# Eclipse - default package



## Pikador (30. Aug 2005)

Hallo.

Habe mir gestern Eclipse installiert und experimentiere ein Bisschen damit. 
Ich habe drei Projekte erstellt. In jedem Projekt ist nur eine Klasse. Dann habe ich versucht aus den Projekten 2 und 3 die Klassen zu dem Projekt 1 hinzuzufügen. Bei der Klasse von Projekt 2 war das kein Problem aber die Klasse von Projekt 3 kann ich nicht zu Projekt 1 hinzufügen. Ich muss dazu sagen dass ich für die Klasse 2 explizit ein Package definiert habe und bei der Klasse 3 hat Eclipse automatisch ein default Package erstellt.
Weiß jemand vielleicht wie man klassen in einem default Package in Projekten mehrfach benutzen kann?

Danke!!!

Ps.
Habe auch versucht die Klasse 3 in einer Jar-Datei zu packen um sie dann einzubinden. Hat aber auch nicht geklappt. Mit der Klasse 2 kein Problem.


----------



## lin (30. Aug 2005)

per drag and drop kannst du sie doch rüberziehen?
Du wählst die Klasse aus (im package explorer) und ziehst sie dann in die package des anderen Projekts rüber...


----------



## Guest (31. Aug 2005)

Hallo.

DANKE!

Na klar, das funktioniert.

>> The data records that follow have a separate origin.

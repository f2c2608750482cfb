-- ===== src/DataChannel/Closures.antt =====
-- The closures that the transport agent installs on a data channel, transport/owr_data_channel.c.
-- The second part of a result lists the closures that are invalidated and released.
use openwebrtc.Prelude.{
  ℕ, ◌+◌, ◌≡◌, Option, none, some, List, [], ◌∷◌, ◌++◌, arith, ◌==◌, if◌then◌else◌,
}
use openwebrtc.DataChannel.{DataChannel, init}

abbrev pub released : Option ℕ → List ℕ
released none = []
released (some f) = f ∷ []

unfoldable pub set_on_send : DataChannel → Option ℕ → DataChannel × List ℕ
set_on_send c f = (record c { on_datachannel_send = f }, released c.on_datachannel_send)

unfoldable pub set_on_request_bytes_sent : DataChannel → Option ℕ → DataChannel × List ℕ
set_on_request_bytes_sent c f =
    (record c { on_request_bytes_sent = f }, released c.on_request_bytes_sent)

unfoldable pub set_on_close : DataChannel → Option ℕ → DataChannel × List ℕ
set_on_close c f = (record c { on_datachannel_close = f }, released c.on_datachannel_close)

unfoldable pub clear_closures : DataChannel → DataChannel × List ℕ
clear_closures c = (
  record c {
    on_datachannel_send = none;
    on_request_bytes_sent = none;
    on_datachannel_close = none;
  },
  released c.on_datachannel_send
      ++ (released c.on_request_bytes_sent ++ released c.on_datachannel_close),
)

-- The operations on the closures, of the agent and of finalize.
pub data ClosureOp : Type 0 where
  on_send on_request on_close : Option ℕ → ClosureOp
  clear : ClosureOp

abbrev pub apply : DataChannel → ClosureOp → DataChannel × List ℕ
apply c (on_send f) = set_on_send c f
apply c (on_request f) = set_on_request_bytes_sent c f
apply c (on_close f) = set_on_close c f
apply c clear = clear_closures c

-- How often a closure occurs: among those released, those given, and those installed.
abbrev pub count : ℕ → List ℕ → ℕ
count f [] = 0
count f (g ∷ gs) = (if g == f then 1 else 0) + count f gs

count-append : (f : ℕ) (xs ys : List ℕ) → count f (xs ++ ys) ≡ count f xs + count f ys
count-append f [] ys = omega arith
count-append f (x ∷ xs) ys = omega (arith, count-append f xs ys)

abbrev pub given : ClosureOp → List ℕ
given (on_send f) = released f
given (on_request f) = released f
given (on_close f) = released f
given clear = []

abbrev pub installed : DataChannel → List ℕ
installed c =
    released c.on_datachannel_send
    ++ (released c.on_request_bytes_sent ++ released c.on_datachannel_close)

unfoldable pub run : DataChannel → List ClosureOp → DataChannel × List ℕ
run c [] = (c, [])
run c (op ∷ ops) =
    let (c', freed) = apply c op in let (c'', more) = run c' ops in (c'', freed ++ more)

abbrev pub all_given : List ClosureOp → List ℕ
all_given [] = []
all_given (op ∷ ops) = given op ++ all_given ops

count-installed :
    (f : ℕ) (c : DataChannel)
    → count f (installed c)
      ≡ count f (released c.on_datachannel_send)
        + (count f (released c.on_request_bytes_sent) + count f (released c.on_datachannel_close))
count-installed f c = omega (
  arith,
  count-append f (released c.on_datachannel_send)
      (released c.on_request_bytes_sent ++ released c.on_datachannel_close),
  count-append f (released c.on_request_bytes_sent) (released c.on_datachannel_close),
)

apply-count :
    (f : ℕ) (c : DataChannel) (op : ClosureOp)
    → count f (apply c op).1 + count f (installed (apply c op).0)
      ≡ count f (given op) + count f (installed c)
unfolding set_on_send set_on_request_bytes_sent set_on_close clear_closures
apply-count f c (on_send g) =
    omega (arith, count-installed f c, count-installed f (record c { on_datachannel_send = g }))
apply-count f c (on_request g) =
    omega (arith, count-installed f c, count-installed f (record c { on_request_bytes_sent = g }))
apply-count f c (on_close g) =
    omega (arith, count-installed f c, count-installed f (record c { on_datachannel_close = g }))
apply-count f c clear = omega arith

run-count :
    (f : ℕ) (c : DataChannel) (ops : List ClosureOp)
    → count f (run c ops).1 + count f (installed (run c ops).0)
      ≡ count f (all_given ops) + count f (installed c)
unfolding run
run-count f c [] = omega arith
run-count f c (op ∷ ops) = omega (
  arith,
  apply-count f c op,
  run-count f (apply c op).0 ops,
  count-append f (apply c op).1 (run (apply c op).0 ops).1,
  count-append f (given op) (all_given ops),
)

-- From a new channel, whatever closures are set and cleared in whatever order: once the closures
-- are cleared, each closure has been released exactly as often as it was given.
pub clear_closures-releases :
    (f : ℕ) (ops : List ClosureOp)
    → let c = (run init ops).0 in
      count f ((run init ops).1 ++ (clear_closures c).1) ≡ count f (all_given ops)
unfolding clear_closures init
clear_closures-releases f ops = omega (
  arith,
  run-count f init ops,
  count-append f (run init ops).1 (clear_closures (run init ops).0).1,
)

Ich hatte wohl ein black out.

Ciao


----------



## Bleiglanz (31. Aug 2005)

> Weiß jemand vielleicht wie man klassen in einem default Package in Projekten mehrfach benutzen kann?


am besten GAR NICHT

=> es ist nicht genau spezifiziert wie das geschehen soll, und teilweise plattformabhängig; eine "default" Klasse in einem jar Archiv ist eine ganz schlechte Idee

am besten IMMER packages verwenden


----------